(Montréal) Maintenant que des paramédicaux pourront être appelés en renfort dans les hôpitaux, des entreprises ambulancières estiment que de l’argent est nécessaire pour leur permettre de contribuer davantage au réseau de la santé et alléger la pénurie d’infirmières.

Lia Lévesque La Presse Canadienne

Québec a annoncé des mesures pour ramener 4300 infirmières dans le réseau public et embaucher des agentes administratives. Il s’est dit prêt à y consacrer 1 milliard. Mais Québec n’a pas atteint son objectif à ce jour.

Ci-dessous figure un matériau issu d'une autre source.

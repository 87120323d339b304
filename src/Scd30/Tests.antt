-- ===== src/Scd30/Tests.antt =====
-- nrf52/src/scd30.rs: a bus whose sensor is ready at the second question.
use async_on_embedded.Prelude.{ℕ, ◌+◌, ◌-◌, ◌≡◌, refl, List, [], ◌∷◌, ◌==◌, if◌then◌else◌, arith}
use async_on_embedded.Bus.{Bus, ok}
use async_on_embedded.Scd30
use async_on_embedded.Scd30.{address, answered, checksum, data_ready, get_measurement}
use async_on_embedded.Scd30.Measuring.{Says, word, frame, now, later, get_measurement_lem}

abbrev number : ℕ → ℕ
number i = 0x40 + i

abbrev any_crc : ℕ → ℕ
any_crc i = 0xff

-- The state is how many questions are left until the sensor is ready.
abbrev answer : ℕ → ℕ → List ℕ
answer len left =
    if len == 18 then frame number any_crc else (0 ∷ (if left == 0 then 1 else 0) ∷ 0xff ∷ [])

abbrev slow_bus : Bus
slow_bus = record {
  St = ℕ;
  write = λ a bytes left. (ok tt, left);
  read = λ a len left. (ok (answer len left), left - 1);
  write_then_read = λ a bytes len left. (ok (answer len left), left);
}

not_ready : Says slow_bus 0 1 0
not_ready = record { high = 0; crc = 0xff; between = 1; asked = refl; said = refl }

is_ready : Says slow_bus 1 0 0
is_ready = record { high = 0; crc = 0xff; between = 0; asked = refl; said = refl }

get_measurement_lem_example :
    get_measurement slow_bus 2 1
    ≡ answered
        (Scd30.ok (record {
          co2 = word (number 0) (number 1) (number 2) (number 3);
          t = word (number 4) (number 5) (number 6) (number 7);
          rh = word (number 8) (number 9) (number 10) (number 11);
        }))
        0
get_measurement_lem_example =
    get_measurement_lem slow_bus 1 2 number any_crc 1 0 0 0 (later not_ready (now is_ready))
      (omega arith) refl refl
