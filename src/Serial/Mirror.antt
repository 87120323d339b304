-- ===== src/Serial/Mirror.antt =====
-- nrf52/src/serial.rs: the transmitter against the receiver.
use async_on_embedded.Prelude.{ℕ, ◌==◌, ◌≡◌, refl, Option, some, none, inl, inr, Bool-cases}
use async_on_embedded.Runtime.{Poll}
use async_on_embedded.Serial.{
  State, not_started, in_progress, finished, Uarte, poll_read, poll_write, start_read, start_write,
  finish_read, finish_write,
}

-- the interface with its two directions exchanged
abbrev pub mirror : Uarte → Uarte
mirror u = record u {
  endrx = u.endtx;
  endtx = u.endrx;
  rxd = u.txd;
  txd = u.rxd;
  started_rx = u.started_tx;
  started_tx = u.started_rx;
  rx_waker = u.tx_waker;
  tx_waker = u.rx_waker;
}

abbrev pub mirrored : Option (Poll × State × Uarte) → Option (Poll × State × Uarte)
mirrored none = none
mirrored (some (p, s, u)) = some (p, s, mirror u)

-- A poll of `Write` is a poll of `Read` with the two directions of the interface exchanged, in
-- every state of the future and of the interface.
pub poll_write-mirror :
    (waker ptr len : ℕ) (s : State) (u : Uarte)
    → poll_write waker ptr len s u ≡ mirrored (poll_read waker ptr len s (mirror u))
unfolding poll_write poll_read start_read start_write finish_read finish_write
poll_write-mirror waker ptr len not_started u = elim (Bool-cases (len == 0)) [
  | inl e ↦ rw e
  | inr e ↦ rw e
]
poll_write-mirror waker ptr len in_progress u = elim (Bool-cases u.endtx) [
  | inl e ↦ rw e
  | inr e ↦ rw e
]
poll_write-mirror waker ptr len finished u = refl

Du même souffle, en vertu d’un arrêté ministériel, des paramédicaux pourront être appelés en renfort dans des urgences, des hôpitaux, des CHSLD et des CLSC.

Tant les entreprises ambulancières que les syndicats de paramédicaux s’en réjouissent, puisque leur expertise est ainsi reconnue.

Il s’agit pour le moment d’un « prêt de services » ; les entreprises ambulancières n’y sont pas contraintes, a expliqué en entrevue mercredi Francis Brisebois, porte-parole de la Coalition des entreprises de services paramédicaux du Québec.

Cette coalition représente Dessercom et d’autres entreprises ambulancières dans plusieurs régions du Québec, hors de Montréal et Laval, qui emploient 1000 paramédicaux.

« Ce qu’on peut dire, c’est qu’il y a beaucoup d’investissements qui sont faits auprès des infirmières, alors qu’il y a des paramédicaux qui sont en mesure d’aider le réseau », a fait valoir M. Brisebois.

« Oui, on peut continuer d’investir dans le réseau de la santé, on peut continuer d’investir dans la profession d’infirmière. Par contre, il y a d’autres professions, dont celle des paramédicaux », insiste-t-il.

Ajouter des paramédicaux dans les hôpitaux n’équivaudra pas à dépouiller les services ambulanciers pour amener du renfort dans les établissements, croit-il.

« Les paramédicaux vont être en mesure d’être sur les véhicules ambulanciers, de pouvoir répondre aux appels d’urgence, mais également de pouvoir assister la population dans des soins de prévention, dans des soins communautaires », assure-t-il.

À quoi donc servirait le financement requis ? « Je pense notamment à la conversion des horaires de faction. Ça nécessite des investissements majeurs pour l’État. Par contre, les bénéfices sont là », opine M. Brisebois.

Ces horaires de faction obligent un paramédical à être de garde, chez lui, 24 heures sur 24, pendant sept jours consécutifs. Ils sont dénoncés par les syndicats de paramédicaux depuis des années. Et les entreprises savent qu’ils nuisent à l’attraction et à la rétention de main-d’œuvre. Mais la conversion de ces horaires coûterait cher.

Un ordre professionnel

Aussi, comme les paramédicaux pourront poser à l’intérieur des hôpitaux des actes qu’ils ne pouvaient auparavant poser que dans leurs véhicules, la coalition craint qu’on cherche éventuellement à les soumettre à l’Ordre des infirmières.

La coalition d’entreprises prône plutôt la création d’un ordre professionnel spécifique aux paramédicaux, ainsi que des actes qui leur seraient réservés.

En mai dernier, le ministre de la Santé et des Services sociaux, Christian Dubé, a d’ailleurs demandé à l’Office des professions de se pencher sur ce dossier.